А Кристи продолжала:
– Мы ведь уже были женаты с Валеркой. А с Андреем расстались к тому времени бесповоротно. И как-то я встретила его. На улице, почти случайно. Валерка как раз тогда в отъезде был, матери своей помогал в деревне картошку копать – ну, у нас и завертелось снова с Грузинцевым. Потом муж вернулся, были разные сцены, что я тут делала без него, но я ни в чем, конечно, не призналась – такому признаешься! После этого мы с Андреем разошлись, теперь уже навсегда. А еще через месяц выяснилось: я беременна.
– Грузинцев ничего не знал о твоей дочери? Что она от него?
– Я ж говорю: мы больше не виделись. И не разговаривали. Тогда, за кулисами театра, когда ты меня к нему потащил, я его увидела первый раз за восемнадцать лет. Я и не знала, что он там, на Маросейке, играет.
– Бедная ты, бедная. Извини, что я о вашей былой страсти не догадывался. Могла бы и сказать мне.
– Зачем?
– А зачем ты к нему в его дом вместе со мной поехала?
– Мне стало интересно: посмотреть, как он живет, кто жена, дети? Потому и согласилась… У нас с ним тогда, в молодости, дикая ведь любовь была. Ну, с моей стороны, во всяком случае. Я долго от нее отходила. А потом беременность, что ли, отрезвила. И мне совсем не нравилось, когда в Алиске вдруг его черточки проявлялись. Хотелось забыть его совсем, чтоб ничего не напоминало.
Поэт сказал – почти не шутя:
– Так, может, это ты Грузинцева отравила? Отомстила за поруганную честь? За безвозвратно ушедшие годы? Нахлынула вдруг вспыхнувшая ревность?

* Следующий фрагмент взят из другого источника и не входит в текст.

-- ===== src/Router.antt =====
-- backend/app/engine/router.py: the endpoints. A request is let in by the dependencies of an endpoint, in
-- their order, calls the service as its actor and tenant, and is answered with what the mapper makes of
-- the result, or with the response of the handler of backend/app/main.py for what was raised. Bodies are
-- values of their schemas already.
pub mod Isolation
use researchhub_engine.Prelude.{
  ℕ, String, ◌⊎◌, inl, inr, Bool, true, false, Option, none, some, List, [], ◌∷◌, map, str_eq,
  if◌then◌else◌,
}
use researchhub_engine.Errors.{Response, Raised, http_exception_handler, respond}
use researchhub_engine.Models.{Uuid, Time, ResearchJob}
use researchhub_engine.Repository.{Db}
use researchhub_engine.World.{World, Result, ok, err, M, ResearchService}
use researchhub_engine.Access.{Claims, identify}
use researchhub_engine.Limiter.{Limits, rate_limit}
use researchhub_engine.Adapters.{File}
use researchhub_engine.Mappers.{JobSchema, JobSummary, to_job_schema, to_job_summary_schema}
use researchhub_engine.Service.{get_job, cancel_job, list_order_jobs}
use researchhub_engine.Service.Creation.{create_job, retry_job}

-- what the dependencies read of a request
pub record Request : Type 0 where
  pub credentials : Option String
  pub x_actor_id : Option String
  pub x_tenant_id : Option String
  pub x_idempotency_key : Option Uuid
  pub host : Option String

pub record CreateResearchJobRequest : Type 0 where
  pub order_id : Uuid
  pub document_types : List String
  pub idempotency_key : Option Uuid
  pub callback_url : Option String

-- the settings and libraries that the endpoints share
pub record Settings : Type 0 where
  pub jwt_enabled : Bool
  pub decode : String → Option Claims
  pub parse : String → Option Uuid
  pub http_code : ℕ → String
  pub limits : Limits
  pub text_of : Uuid → String
  pub files : List File

-- an endpoint's answer: the response to what was raised, or the data with status 200
abbrev pub Answer : Type 0 → Type 0
Answer A = (Response ⊎ A) × World

-- `payload.callback_url if payload.callback_url else None`
abbrev pub full_url : Option String → Option String
full_url none = none
full_url (some url) = if str_eq url "" then none else some url

module _ (settings : Settings) where
  -- what becomes of the result of a call
  abbrev pub answer : {A B : Type 0} → (Db → A → B) → Result A × World → Answer B
  answer read (ok a, w) = (inr (read w.db a), w)
  answer read (err e, w) = (inl (respond e), w)

  abbrev pub as_caller :
      {A B : Type 0}
      → (Uuid → Uuid → M A)
      → (Db → A → B)
      → World
      → String ⊎ (Uuid × Uuid)
      → Answer B
  as_caller call read w (inl detail) =
      (inl (http_exception_handler settings.http_code 401 detail), w)
  as_caller call read w (inr (actor_id, tenant_id)) = answer read (call actor_id tenant_id w)

  -- the dependencies, the call and the mapper
  unfoldable pub endpoint :
      {A B : Type 0} → Request → (Uuid → Uuid → M A) → (Db → A → B) → World → Answer B
  unfolding identify http_exception_handler respond
  endpoint request call read w = as_caller call read w (
      identify settings.decode settings.parse settings.jwt_enabled request.credentials
        request.x_actor_id request.x_tenant_id)

  abbrev pub job_data : Db → ResearchJob → JobSchema
  job_data db job = to_job_schema settings.text_of settings.files db true job

  unfoldable pub get_research_job : Request → Uuid → World → Answer JobSchema
  unfolding endpoint get_job to_job_schema
  get_research_job request job_id =
      endpoint request (λ actor_id tenant_id. get_job tenant_id job_id) job_data

  unfoldable pub cancel_research_job :
      Request → Uuid → Option (Option String) → World → Answer JobSchema
  unfolding endpoint cancel_job to_job_schema
  cancel_research_job request job_id body =
      endpoint request
        (λ actor_id tenant_id.
          cancel_job tenant_id job_id (elim body [ none ↦ none | some reason ↦ reason ]))
        job_data

  -- `list_order_jobs`
  unfoldable pub list_research_jobs : Request → Uuid → World → Answer (List JobSummary)
  unfolding endpoint list_order_jobs to_job_summary_schema
  list_research_jobs request order_id =
      endpoint request (λ actor_id tenant_id. list_order_jobs tenant_id order_id)
        (λ db jobs. map to_job_summary_schema jobs)

  module _ (service : ResearchService) (lower : String → String) (uuid4 : ℕ → Uuid) (race : Db → Db)
      (now : Time) where
    -- a request that the limiter refuses goes no further
    abbrev pub unless_refused : World → Option Response → Answer JobSchema → Answer JobSchema
    unless_refused w none rest = rest
    unless_refused w (some response) rest = (inl response, w)

    unfoldable pub create_research_job :
        Request → CreateResearchJobRequest → World → Answer JobSchema
    unfolding endpoint create_job to_job_schema rate_limit
    create_research_job request body w =
        unless_refused w
          (rate_limit settings.http_code settings.limits request.x_tenant_id request.host)
          (endpoint request
            (λ actor_id tenant_id.
              create_job service lower uuid4 race now tenant_id actor_id body.order_id
                body.document_types request.x_idempotency_key (full_url body.callback_url))
            job_data w)

    unfoldable pub retry_research_job :
        Request → Uuid → Option (Option (List String)) → World → Answer JobSchema
    unfolding endpoint retry_job to_job_schema
    retry_research_job request job_id body =
        endpoint request
          (λ actor_id tenant_id.
            retry_job service lower uuid4 race now tenant_id actor_id job_id
              (elim body [ none ↦ none | some document_types ↦ document_types ]))
          job_data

– Ох, Богоявленский, мало ты детективов читаешь, хоть и сценарист. Разве ж такое бывает? Восемнадцать лет человека не видеть – а потом вдруг встретить и отравить? Еще, я понимаю, если б я его ножиком полоснула – на почве, как пишут в полицейских протоколах, совместного распития спиртных напитков и внезапно возникших неприязненных отношений. Но тут – отравление! К нему ж заранее надо готовиться, яд доставать, все продумывать. А ты меня за три дня пригласил. Я и маникюр свежий к мероприятию сделать не успела. И ты мне такое коварное дело шьешь! Может, с больной головы на здоровую перекинуть пытаешься?

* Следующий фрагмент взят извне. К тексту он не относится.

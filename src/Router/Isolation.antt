-- ===== src/Router/Isolation.antt =====
-- Whose data the endpoints of backend/app/engine/router.py show.
use mathlib.Core.Path.{subst}
use researchhub_engine.Prelude.{String, ◌≡◌, refl, ◌⊎◌, inl, inr, true, Option, none, some}
use researchhub_engine.Errors.{job_not_found}
use researchhub_engine.Models.{Uuid, ResearchJob}
use researchhub_engine.Repository.{get}
use researchhub_engine.Repository.Queries.{get-tenant_id}
use researchhub_engine.World.{World, or_raise}
use researchhub_engine.Access.{identify}
use researchhub_engine.Access.Tokens.{Vouches, identify-Vouches}
use researchhub_engine.Mappers.{JobSchema, to_job_schema}
use researchhub_engine.Service.{get_job}
use researchhub_engine.Router.{
  Request, Settings, answer, as_caller, endpoint, job_data, get_research_job,
}

-- The caller's token vouches for a tenant, and the schema is that of a job of this tenant.
abbrev pub IsOwn : Settings → Request → Uuid → World → JobSchema → Type 0
IsOwn settings request job_id w schema =
    (token : String) × (actor_id : Uuid) × (tenant_id : Uuid) × (job : ResearchJob)
    × (request.credentials ≡ some token)
    × Vouches settings.decode settings.parse token actor_id tenant_id
    × (get w.db job_id tenant_id ≡ some job)
    × (job.tenant_id ≡ tenant_id)
    × (schema ≡ to_job_schema settings.text_of settings.files w.db true job)

module _ (settings : Settings) (request : Request) (job_id : Uuid) (w w' : World)
    (schema : JobSchema) where
  read :
      (tenant_id : Uuid) (o : Option ResearchJob)
      → answer settings (job_data settings) (or_raise o (job_not_found (some job_id)) w)
        ≡ (inr schema, w')
      → (job : ResearchJob) × (o ≡ some job)
        × (schema ≡ to_job_schema settings.text_of settings.files w.db true job)
        × (w' ≡ w)
  read tenant_id none e = cc
  read tenant_id (some job) e = (job, refl, cc, cc)

  -- Where tokens are required, a request for a job that is answered with data comes with a token that
  -- decodes and names a tenant, and the data are those of the job that this tenant reads under the id;
  -- no header has a say. Nothing is written.
  pub get_research_job-IsOwn :
      settings.jwt_enabled ≡ true
      → get_research_job settings request job_id w ≡ (inr schema, w')
      → IsOwn settings request job_id w schema × (w' ≡ w)
  unfolding get_research_job endpoint get_job
  get_research_job-IsOwn required e =
      by_identity
        (identify settings.decode settings.parse true request.credentials request.x_actor_id
          request.x_tenant_id)
        refl
        (subst
          (λ b.
            as_caller settings (λ a t. get_job t job_id) (job_data settings) w
              (identify settings.decode settings.parse b request.credentials request.x_actor_id
                request.x_tenant_id)
            ≡ (inr schema, w'))
          required e)
    where
      by_identity :
          (r : String ⊎ (Uuid × Uuid))
          → identify settings.decode settings.parse true request.credentials request.x_actor_id
              request.x_tenant_id
            ≡ r
          → as_caller settings (λ a t. get_job t job_id) (job_data settings) w r ≡ (inr schema, w')
          → IsOwn settings request job_id w schema × (w' ≡ w)
      by_identity (inl detail) hi h = cc
      by_identity (inr (actor_id, tenant_id)) hi h =
          let (token, presented, vouches) =
            identify-Vouches settings.decode settings.parse request.credentials request.x_actor_id
              request.x_tenant_id actor_id tenant_id hi in
          let (job, found, same, still) = read tenant_id (get w.db job_id tenant_id) h in
          (
            (
              token,
              actor_id,
              tenant_id,
              job,
              presented,
              vouches,
              found,
              get-tenant_id w.db job_id tenant_id job found,
              same,
            ),
            still,
          )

Шутейный разговор вырулил на скользкую тему, захотелось его прервать.
– Давай лучше еще на посошок, да я поеду. Возьму такси, машину у тебя здесь брошу.
– А я бы хотела, чтоб ты остался. Алиски до утра не будет. Но безо всякого этого… Совсем ничего не хочется. Просто побудь со мной, как товарищ, защитник и старый друг. Я тебе на диване постелю. А ты мне на ночь сказку расскажешь.

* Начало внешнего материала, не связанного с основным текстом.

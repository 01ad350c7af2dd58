-- ===== src/Service/Retries.antt =====
-- What `retry_job` of backend/app/engine/service.py asks for.
use researchhub_engine.Prelude.{
  ℕ, String, ◌+◌, ◌≡◌, refl, sym, ◌∙◌, Bool, true, false, not, Option, none, some, List, [], ◌∷◌,
  map, All, any_by, contains, filter_by, filter_by-All, length, ◌==◌, str_eq, if◌then◌else◌,
  All-contains,
}
use researchhub_engine.Errors.{job_not_found, job_not_retryable}
use researchhub_engine.Schemas.{ResearchJobStatus}
use researchhub_engine.Models.{Uuid, Time, ResearchJob, ResearchDocument, OrderData}
use researchhub_engine.Repository.{Db, get, list_failed, new_job}
use researchhub_engine.World.{
  World, Task, Result, ok, err, M, pure, lift, gets, or_raise, ◌>>=◌, ◌>>◌, guard, ResearchService,
}
use researchhub_engine.DocTypes.{validate_doc_types}
use researchhub_engine.DocTypes.Lookup.{IsRequestable, canonical_of_requestable}
use researchhub_engine.DocTypes.Validation.{stands_for, contains-validate_doc_types}
use researchhub_engine.Service.{is_retryable, resolve_order, get_job}
use researchhub_engine.Service.Creation.{
  answered, publish_by, publish, existing_job, return_winner, commit_or_return, insert_or_return,
  draw, key_or_draw, create_new, return_or_create, create_job, retry_types, retry_job,
}
use researchhub_engine.Service.Idempotency.{ok-inj}

-- the types of the documents of a job that failed
abbrev pub failed_types : Db → Uuid → List String
failed_types db job_id = map (λ (d : ResearchDocument). d.doc_type) (list_failed db job_id)

module _ (service : ResearchService) (lower : String → String) (uuid4 : ℕ → Uuid) (race : Db → Db)
    (now : Time) where
  -- Without a key, the job that comes back is the row that was to be inserted.
  commit-row :
      (tenant_id actor_id : Uuid) (job row : ResearchJob) (w w' : World) (o : Option Db)
      → commit_or_return service lower uuid4 race now tenant_id actor_id none row o w ≡ (ok job, w')
      → job ≡ row
  unfolding commit_or_return return_winner existing_job publish
  commit-row tenant_id actor_id job row w w' none e = cc
  commit-row tenant_id actor_id job row w w' (some db') e = by_broker service.enqueue e
    where
      task : Task
      task = record { job_id = row.id; tenant_id = tenant_id; actor_id = actor_id }

      committed : World
      committed = record w { db = db'; drawn = w.drawn + length row.requested_doc_types }

      by_answer : (b : Bool) → (answered b task >> pure row) committed ≡ (ok job, w') → job ≡ row
      by_answer true e = sym (ok-inj row job _ w' e).0
      by_answer false e = cc

      by_broker :
          (q : Option (Task → Bool))
          → (publish_by q task >> pure row) committed ≡ (ok job, w')
          → job ≡ row
      by_broker none e = sym (ok-inj row job _ w' e).0
      by_broker (some send) e = by_answer (send task) e

  -- A job created without a key asks for the types that the request stands for.
  create_job-types :
      (tenant_id actor_id order_id : Uuid) (doc_types : List String) (callback_url : Option String)
      (job : ResearchJob) (w w' : World)
      → create_job service lower uuid4 race now tenant_id actor_id order_id doc_types none
          callback_url w
        ≡ (ok job, w')
      → (validate_doc_types lower doc_types ≡ ok job.requested_doc_types)
        × (job.status ≡ ResearchJobStatus.queued)
        × (job.tenant_id ≡ tenant_id)
  unfolding create_job existing_job return_or_create create_new key_or_draw draw insert_or_return
      new_job
  create_job-types tenant_id actor_id order_id doc_types callback_url job w w' =
      resolved (resolve_order service.order_provider tenant_id order_id)
    where
      validated :
          (order : OrderData) (v : Result (List String))
          → validate_doc_types lower doc_types ≡ v
          → (lift v >>= λ types.
                gets (λ (u : World). existing_job service lower uuid4 race now tenant_id none u.db)
                >>= return_or_create service lower uuid4 race now tenant_id actor_id order.id types
                    none callback_url)
              w
            ≡ (ok job, w')
          → (validate_doc_types lower doc_types ≡ ok job.requested_doc_types)
            × (job.status ≡ ResearchJobStatus.queued)
            × (job.tenant_id ≡ tenant_id)
      validated order (err r) h e = cc
      validated order (ok types) h e =
          let same = commit-row tenant_id actor_id job _ _ w' _ e in rw same (h, refl, refl)

      resolved :
          (o : Result OrderData)
          → (lift o >>= λ order. lift (validate_doc_types lower doc_types) >>= λ types.
                gets (λ (u : World). existing_job service lower uuid4 race now tenant_id none u.db)
                >>= return_or_create service lower uuid4 race now tenant_id actor_id order.id types
                    none callback_url)
              w
            ≡ (ok job, w')
          → (validate_doc_types lower doc_types ≡ ok job.requested_doc_types)
            × (job.status ≡ ResearchJobStatus.queued)
            × (job.tenant_id ≡ tenant_id)
      resolved (err r) e = cc
      resolved (ok order) e = validated order (validate_doc_types lower doc_types) refl e

stands_for_requestable :
    (lower : String → String) (r c : String) → IsRequestable r → stands_for lower r c ≡ str_eq c r
stands_for_requestable lower r c h = rw (canonical_of_requestable lower r h) refl

-- Requestable names stand for themselves.
any-stands_for :
    (lower : String → String) (c : String) (ts : List String)
    → All IsRequestable ts
    → any_by (λ r. stands_for lower r c) ts ≡ contains c ts
any-stands_for lower c [] h = refl
any-stands_for lower c (t ∷ ts) h =
    rw (stands_for_requestable lower t c h.0, any-stands_for lower c ts h.1) refl

contains-filter_by :
    (c : String) (p : String → Bool) (ts : List String)
    → contains c (filter_by p ts) ≡ true
    → p c ≡ true
contains-filter_by c p ts h =
    All-contains (λ t. p t ≡ true) c (filter_by p ts) (filter_by-All p ts) h

-- What is retried has failed.
contains-retry_types :
    (c : String) (doc_types : Option (List String)) (failed : List String)
    → contains c (retry_types doc_types failed) ≡ true
    → contains c failed ≡ true
unfolding retry_types
contains-retry_types c none failed h = h
contains-retry_types c (some ts) failed h = contains-filter_by c (λ t. contains t failed) ts h

All-filter-contains :
    (failed ts : List String)
    → All IsRequestable failed
    → All IsRequestable (filter_by (λ t. contains t failed) ts)
All-filter-contains failed [] h = tt
All-filter-contains failed (t ∷ ts) h =
    go (contains t failed) refl (All-filter-contains failed ts h)
  where
    go :
        (b : Bool)
        → contains t failed ≡ b
        → All IsRequestable (filter_by (λ t. contains t failed) ts)
        → All IsRequestable (
            if b
            then t ∷ filter_by (λ t. contains t failed) ts
            else filter_by (λ t. contains t failed) ts)
    go true e more = (All-contains IsRequestable t failed h e, more)
    go false e more = more

retry_types-IsRequestable :
    (doc_types : Option (List String)) (failed : List String)
    → All IsRequestable failed
    → All IsRequestable (retry_types doc_types failed)
unfolding retry_types
retry_types-IsRequestable none failed h = h
retry_types-IsRequestable (some ts) failed h = All-filter-contains failed ts h

-- The types that a retry is accepted with are those to retry.
contains-accepted :
    (lower : String → String) (c : String) (ts types : List String)
    → All IsRequestable ts
    → not (length ts == 0) ≡ true
    → validate_doc_types lower ts ≡ ok types
    → contains c types ≡ contains c ts
contains-accepted lower c [] types h nonempty e = cc
contains-accepted lower c (t ∷ ts) types h nonempty e =
    contains-validate_doc_types lower t ts c e ∙ any-stands_for lower c (t ∷ ts) h

-- What a retry that returns has made.
pub record IsRetry (original : ResearchJob) (tenant_id : Uuid) (failed : List String)
    (wanted : Option (List String)) (job : ResearchJob) : Type 0 where
  pub retryable : is_retryable original.status ≡ true
  pub queued : job.status ≡ ResearchJobStatus.queued
  pub own : job.tenant_id ≡ tenant_id
  pub asks :
      (c : String) → contains c job.requested_doc_types ≡ contains c (retry_types wanted failed)
  pub only_failed :
      (c : String) → contains c job.requested_doc_types ≡ true → contains c failed ≡ true

-- A retry that returns a job found the tenant's original in a retryable status, and the new job, the
-- tenant's and queued, asks for the types to retry, each of them one that failed in the original, if
-- the failed documents are of requestable types.
pub retry_job-IsRetry :
    (service : ResearchService) (lower : String → String) (uuid4 : ℕ → Uuid) (race : Db → Db)
    (now : Time) (tenant_id actor_id job_id : Uuid) (doc_types : Option (List String))
    (job : ResearchJob) (w w' : World)
    → All IsRequestable (failed_types w.db job_id)
    → retry_job service lower uuid4 race now tenant_id actor_id job_id doc_types w ≡ (ok job, w')
    → (original : ResearchJob) × (get w.db job_id tenant_id ≡ some original)
      × IsRetry original tenant_id (failed_types w.db job_id) doc_types job
unfolding retry_job get_job
retry_job-IsRetry service lower uuid4 race now tenant_id actor_id job_id doc_types job w w'
      requestable =
    by_original (get w.db job_id tenant_id) refl
  where
    failed : List String
    failed = failed_types w.db job_id

    types : List String
    types = retry_types doc_types failed

    create : Uuid → List String → M ResearchJob
    create order_id ts =
        create_job service lower uuid4 race now tenant_id actor_id order_id ts none none

    rest : ResearchJob → M ResearchJob
    rest original = gets (λ u. list_failed u.db job_id) >>= λ fs.
        let ts = retry_types doc_types (map (λ (d : ResearchDocument). d.doc_type) fs) in
        guard (not (length ts == 0)) (job_not_retryable "No failed documents to retry")
        >> create original.order_id ts

    by_types :
        (original : ResearchJob) (b : Bool)
        → is_retryable original.status ≡ true
        → not (length types == 0) ≡ b
        → (guard b (job_not_retryable "No failed documents to retry")
              >> create original.order_id types)
            w
          ≡ (ok job, w')
        → IsRetry original tenant_id failed doc_types job
    by_types original false h hb e = cc
    by_types original true h hb e =
        let (accepted, queued, own) =
          create_job-types service lower uuid4 race now tenant_id actor_id original.order_id types
            none job w w' e in
        let asks : (c : String) → contains c job.requested_doc_types ≡ contains c types = λ c.
          contains-accepted lower c types job.requested_doc_types
            (retry_types-IsRequestable doc_types failed requestable) hb accepted in
        record {
          retryable = h;
          queued = queued;
          own = own;
          asks = asks;
          only_failed = λ c there. contains-retry_types c doc_types failed (sym (asks c) ∙ there);
        }

    by_status :
        (original : ResearchJob) (b : Bool)
        → is_retryable original.status ≡ b
        → (guard b (job_not_retryable "Original job is not in a retryable state") >> rest original)
            w
          ≡ (ok job, w')
        → IsRetry original tenant_id failed doc_types job
    by_status original false hb e = cc
    by_status original true hb e = by_types original (not (length types == 0)) hb refl e

    by_original :
        (o : Option ResearchJob)
        → get w.db job_id tenant_id ≡ o
        → (or_raise o (job_not_found (some job_id)) >>= λ original.
              guard
                (is_retryable original.status)
                (job_not_retryable "Original job is not in a retryable state")
              >> rest original)
            w
          ≡ (ok job, w')
        → (original : ResearchJob) × (get w.db job_id tenant_id ≡ some original)
          × IsRetry original tenant_id failed doc_types job
    by_original none h e = cc
    by_original (some original) h e =
        (original, h, by_status original (is_retryable original.status) refl e)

– Могу даже стихи почитать.
– О нет, твои стихи не на сонный лад настраивают, а совсем наоборот.
Но несмотря на то что Кристина постлала ему на диване, а сама улеглась в свою постель в пижамке, заснули они все-таки в объятиях друг друга. И страсть в этот раз, возгораемая от «молодежного порно», оказалась даже более яркой и жесткой, чем бывала у них обычно.
Утром он проснулся раньше ее, сделал кофе, спроворил завтрак. В холодильнике нашлись яйца и молоко, и он сварганил блюдо, в котором был мастак: омлет.
Потом подбросил ее на работу – оказывается, трудилась Кристина в бизнес-центре где-то на Садовнической набережной.
А когда он ее довез и построил в навигаторе маршрут до дома, ему вдруг позвонил адвокат.
– Есть новости, – молвил деловито. – Когда сможете ко мне подъехать?
– Да хоть сейчас.
– Давайте. Часик у меня в запасе есть. Сейчас вышлю вам адрес.
И Богоявленский переменил маршрут.
История перстня – глава девятая.
Прошло 117 лет со времени его первого явления.
Апрель 1937 года.
Москва, СССР
Репрессии – как смерть. Ты знаешь, что в принципе кончина – неизбежна, но она где-то там, далеко. Не веришь в нее, даже несмотря на то что многие вокруг умирают.
Но когда Якова Сауловича Агранова, комиссара первого ранга и руководителя Главного управления госбезопасности НКВД, вдруг понизили до предыдущей его должности, «всего-то» начальника секретно-политического отдела, он задумался всерьез. Неужели и он тоже – смертен? Канет в подвалах вслед за своим недавним начальником – Ягодой, только что арестованным?